[Dataset entries]
*** Begin section ***

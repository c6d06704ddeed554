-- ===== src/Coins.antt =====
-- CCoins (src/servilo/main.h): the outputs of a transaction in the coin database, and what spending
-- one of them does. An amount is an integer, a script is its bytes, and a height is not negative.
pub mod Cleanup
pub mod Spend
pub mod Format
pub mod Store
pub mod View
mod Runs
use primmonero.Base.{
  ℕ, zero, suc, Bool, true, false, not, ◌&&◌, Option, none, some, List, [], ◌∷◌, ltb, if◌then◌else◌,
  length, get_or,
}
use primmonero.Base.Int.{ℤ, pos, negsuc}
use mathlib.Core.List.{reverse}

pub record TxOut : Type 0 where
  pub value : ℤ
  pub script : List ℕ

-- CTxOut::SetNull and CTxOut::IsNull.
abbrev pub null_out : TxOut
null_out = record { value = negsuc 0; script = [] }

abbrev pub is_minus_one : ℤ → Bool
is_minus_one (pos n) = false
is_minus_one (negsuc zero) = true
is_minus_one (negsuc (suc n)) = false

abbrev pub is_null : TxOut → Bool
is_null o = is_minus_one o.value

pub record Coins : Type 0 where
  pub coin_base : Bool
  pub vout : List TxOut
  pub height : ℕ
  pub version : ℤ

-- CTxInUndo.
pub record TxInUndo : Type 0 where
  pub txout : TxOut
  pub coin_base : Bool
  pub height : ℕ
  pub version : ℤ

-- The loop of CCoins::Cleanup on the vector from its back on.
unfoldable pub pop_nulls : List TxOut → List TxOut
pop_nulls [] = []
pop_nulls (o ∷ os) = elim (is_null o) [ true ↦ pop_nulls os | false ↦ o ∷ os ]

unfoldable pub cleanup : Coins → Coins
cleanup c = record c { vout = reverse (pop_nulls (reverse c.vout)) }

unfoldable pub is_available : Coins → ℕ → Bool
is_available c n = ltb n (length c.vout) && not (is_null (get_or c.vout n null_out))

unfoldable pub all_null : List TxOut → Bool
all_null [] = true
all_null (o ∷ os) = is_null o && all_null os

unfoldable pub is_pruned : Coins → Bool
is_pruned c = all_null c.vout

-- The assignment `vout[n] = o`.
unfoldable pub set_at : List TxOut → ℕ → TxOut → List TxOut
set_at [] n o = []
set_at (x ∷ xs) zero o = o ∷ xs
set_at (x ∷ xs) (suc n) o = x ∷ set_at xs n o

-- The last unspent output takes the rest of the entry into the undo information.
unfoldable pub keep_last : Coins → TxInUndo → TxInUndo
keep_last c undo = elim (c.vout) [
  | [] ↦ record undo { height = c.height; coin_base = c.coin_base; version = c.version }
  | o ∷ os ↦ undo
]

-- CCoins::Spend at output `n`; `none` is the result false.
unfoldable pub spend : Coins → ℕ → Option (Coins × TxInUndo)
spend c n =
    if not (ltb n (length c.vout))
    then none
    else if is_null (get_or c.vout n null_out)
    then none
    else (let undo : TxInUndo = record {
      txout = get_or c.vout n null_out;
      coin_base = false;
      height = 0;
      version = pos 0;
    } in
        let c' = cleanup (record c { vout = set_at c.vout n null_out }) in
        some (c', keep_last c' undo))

*** End section ***

**TASK OBJECTIVE**
Report all lines in the records that include the string "height".

**REPLY TO THE TASK**
-- one of them does. An amount is an integer, a script is its bytes, and a height is not negative.
  pub height : ℕ
  pub height : ℕ
  | [] ↦ record undo { height = c.height; coin_base = c.coin_base; version = c.version }
      height = 0;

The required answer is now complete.